「貴也、なんて書く?」
「まだそこまでいってねーし。」
うーん、なんて書こう…。
「突然ですが、から始めればいいかな。」
「いいんじゃね?
こういうのはお互いの言葉で書かなきゃ意味ねーだろ。」
「確かに。」
私は続きを書いた。
"突然ですが、この度同じ事務所の
松野貴也くんとお付き合いしてることをご報告させていただきます。"
……………変?ま、いっか。
「貴也って呼び捨てでかいてもいいのかな。」
「いいんじゃね。」
もう、適当だなー…。
"貴也とはずっと友人として仲良くしていましたが、片想いの末、気持ちが通じ合い、お付き合いをスタートすることが出来ました。

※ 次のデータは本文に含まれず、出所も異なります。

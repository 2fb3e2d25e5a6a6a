-- ===== src/Api/Safety/Interleaved.antt =====
-- The requests of the server in flight together: each handler takes its statements, what it does to the
-- registry under the lock, and its frames one at a time, and the steps of others fall between them.
use clawgard.Prelude.{ℕ, ◌≡◌, refl, ap, ◌∙◌, List, [], ◌∷◌, map}
use clawgard.Exec.Respects.Pool.{in_turn, interleave, interleave-at, serial}
use clawgard.Store.History.{Advances, IsSound}
use clawgard.Router.Registry.Invariant.{IsValid}
use clawgard.Api.Http.{Uuid}
use clawgard.Api.World.{World}
use clawgard.Api.Safety.{Proceeds-order, IsWired}
use clawgard.Api.Safety.Requests.{Request, script_of, step, step-Runs, run}

-- The world after some steps of the requests: the list of indices says whose step is next.
pub interleaved : Uuid → List ℕ → List Request → World → World
interleaved u is rs w = (interleave is (map (script_of u) rs) w).1

-- However the steps of the handlers in flight fall between one another, and wherever one looks: threads
-- keep their asker and buddy, their turns do not fall, a closed thread stays closed with its reason, no
-- message changes or goes, and no buddy is deleted back. Tables that are sound at first stay sound (at
-- most 3 turns, a closing time exactly for closed threads, unique keys of threads, every message of a
-- thread), every waiter channel that is bounded and unshared stays so, and no connection's channel
-- grows past 16 frames.
pub interleaved_lem :
    (u : Uuid) (is : List ℕ) (rs : List Request) (w : World)
    → IsSound w.db
    → IsValid w.reg
    → IsWired w
    → Advances w.db (interleaved u is rs w).db
      × IsSound (interleaved u is rs w).db
      × IsValid (interleaved u is rs w).reg
      × IsWired (interleaved u is rs w)
unfolding interleaved
interleaved_lem u is rs w sound valid wired =
    let p = interleave-at Proceeds-order is (map (script_of u) rs) w in
    (p.db.advances, p.db.sound sound, p.reg valid, p.wires wired)

in_turn-eq-run :
    (u : Uuid) (rs : List Request) (w : World) → in_turn (map (script_of u) rs) w ≡ run u rs w
unfolding in_turn run
in_turn-eq-run u [] w = refl
in_turn-eq-run u (r ∷ rs) w =
    ap (in_turn (map (script_of u) rs)) ((step-Runs u r).means w) ∙ in_turn-eq-run u rs (step u r w)

-- Handlers that run one after another are one of the ways in which their steps may fall.
pub run-interleaved :
    (u : Uuid) (rs : List Request) (w : World)
    → (is : List ℕ) × (interleaved u is rs w ≡ run u rs w)
unfolding interleaved
run-interleaved u rs w =
    let (is, e) = serial (map (script_of u) rs) w in (is, e ∙ in_turn-eq-run u rs w)
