-- ===== src/Api/Session/Cookies.antt =====
-- The session cookie of server/internal/api/session.go, and the logout of auth_callback.go.
use clawgard.Prelude.{ℕ, ◌+◌, ◌≡◌, refl, String, Bool, true, not, List, []}
use clawgard.Api.Session.{Codec, sign}

-- Until when a browser keeps a cookie: `MaxAge: -1` takes it away.
pub data Lifetime : Type 0 where
  expires : ℕ → Lifetime
  removed : Lifetime

pub record Cookie : Type 0 where
  pub name : String
  pub value : List ℕ
  pub path : String
  pub http_only : Bool
  pub secure : Bool
  pub same_site_lax : Bool
  pub lifetime : Lifetime

abbrev pub session_cookie_name : String
session_cookie_name = "clawgard_session"

unfoldable pub set_cookie : Codec → String → ℕ → Bool → ℕ → Cookie
set_cookie c email ttl dev now = record {
  name = session_cookie_name;
  value = sign c email ttl now;
  path = "/";
  http_only = true;
  secure = not dev;
  same_site_lax = true;
  lifetime = expires (now + ttl);
}

unfoldable pub clear : Bool → Cookie
clear dev = record {
  name = session_cookie_name;
  value = [];
  path = "/";
  http_only = true;
  secure = not dev;
  same_site_lax = true;
  lifetime = removed;
}

-- `Logout`: 204, whether or not there was a session.
unfoldable pub logout : Bool → Cookie × ℕ
unfolding clear
logout dev = (clear dev, 204)

-- The cookie of a logout has the name, the path and the marks of the one of a login, which a browser needs
-- to see the same cookie.
logout-set_cookie :
    (c : Codec) (email : String) (ttl now : ℕ) (dev : Bool)
    → record (set_cookie c email ttl dev now) { value = []; lifetime = removed } ≡ (logout dev).0
unfolding set_cookie logout
logout-set_cookie c email ttl now dev = refl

私たちは学校もクラスも同じで、共通の友人である大谷隼也くんを通じて仲良くなり、このような関係まで発展しました。
まだまだ未熟な私たちですが、暖かく見守っていただけると嬉しいです。
五十嵐美鈴"
よし。
「書けたー。」
「はやっ。」
「貴也まだなの?」
「まだ。」
私はとりあえず画面をしまって
歌詞の続きを考えて
長曽我部さんが出てくるを待った。